Using the data below, please return every line exactly as given.

━━━━━━━━━━━━━━━━━━━━

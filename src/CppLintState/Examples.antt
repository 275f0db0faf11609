-- ===== src/CppLintState/Examples.antt =====
-- Runs of the module-wide state, and the theorems about it at concrete inputs.
use cs.Constants.{default_filters}
use cs.Base.{
  all_helpers, ◌≡◌, ◌↔◌, refl, false, List, [], ◌∷◌, ◌++◌, some, none, Text, codes, All, split,
  nat_eq, text_eq,
}
use cs.CppLintState.{CppLintState, initial, add_filters, clean_filters, first_unsigned}
use cs.CppLintState.Filters.{IsSigned, Change, add, put, add_filters_effect}

abbrev filters : Text
filters = codes "-whitespace, ,+whitespace/tab"

add_filters_effect_example :
    (((add_filters filters initial).0 ≡ none)
      ↔ All IsSigned (initial.filters ++ clean_filters (split b',' filters)))
    × ((add_filters filters initial).1
        ≡ record initial { filters = initial.filters ++ clean_filters (split b',' filters) })
add_filters_effect_example = add_filters_effect filters initial

refused :
    (add_filters (codes "tab") initial).0
    ≡ some (codes "Every filter in --filters must start with + or - (tab does not)")
unfolding add_filters initial first_unsigned clean_filters default_filters all_helpers
refused = refl

cleaned : clean_filters (split b',' filters) ≡ codes "-whitespace" ∷ codes "+whitespace/tab" ∷ []
unfolding clean_filters all_helpers
cleaned = refl

abbrev changes : List Change
changes = add filters ∷ put (codes "bad") ∷ []

abbrev detailed : CppLintState
detailed = record {
  verbose_level = 1;
  error_count = 7;
  filters = [];
  filters_backup = [];
  counting = codes "toplevel";
  errors_by_category = [];
  quiet = false;
  output_format = codes "emacs";
}

abbrev some_errors : List Text
some_errors = codes "build/include" ∷ codes "whitespace/tab" ∷ codes "build/class" ∷ []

━━━━━━━━━━━━━━━━━━━━

▸ EXERCISE ANSWER
filename src/CppLintState/Examples.antt
repository 275f0db0faf11609
-- ===== src/CppLintState/Examples.antt =====
-- Runs of the module-wide state, and the theorems about it at concrete inputs.
use cs.Constants.{default_filters}
use cs.Base.{
  all_helpers, ◌≡◌, ◌↔◌, refl, false, List, [], ◌∷◌, ◌++◌, some, none, Text, codes, All, split,
  nat_eq, text_eq,
}
use cs.CppLintState.{CppLintState, initial, add_filters, clean_filters, first_unsigned}
use cs.CppLintState.Filters.{IsSigned, Change, add, put, add_filters_effect}

abbrev filters : Text
filters = codes "-whitespace, ,+whitespace/tab"

add_filters_effect_example :
    (((add_filters filters initial).0 ≡ none)
      ↔ All IsSigned (initial.filters ++ clean_filters (split b',' filters)))
    × ((add_filters filters initial).1
        ≡ record initial { filters = initial.filters ++ clean_filters (split b',' filters) })
add_filters_effect_example = add_filters_effect filters initial

refused :
    (add_filters (codes "tab") initial).0
    ≡ some (codes "Every filter in --filters must start with + or - (tab does not)")
unfolding add_filters initial first_unsigned clean_filters default_filters all_helpers
refused = refl

cleaned : clean_filters (split b',' filters) ≡ codes "-whitespace" ∷ codes "+whitespace/tab" ∷ []
unfolding clean_filters all_helpers
cleaned = refl

abbrev changes : List Change
changes = add filters ∷ put (codes "bad") ∷ []

abbrev detailed : CppLintState
detailed = record {
  verbose_level = 1;
  error_count = 7;
  filters = [];
  filters_backup = [];
  counting = codes "toplevel";
  errors_by_category = [];
  quiet = false;
  output_format = codes "emacs";
}

abbrev some_errors : List Text
some_errors = codes "build/include" ∷ codes "whitespace/tab" ∷ codes "build/class" ∷ []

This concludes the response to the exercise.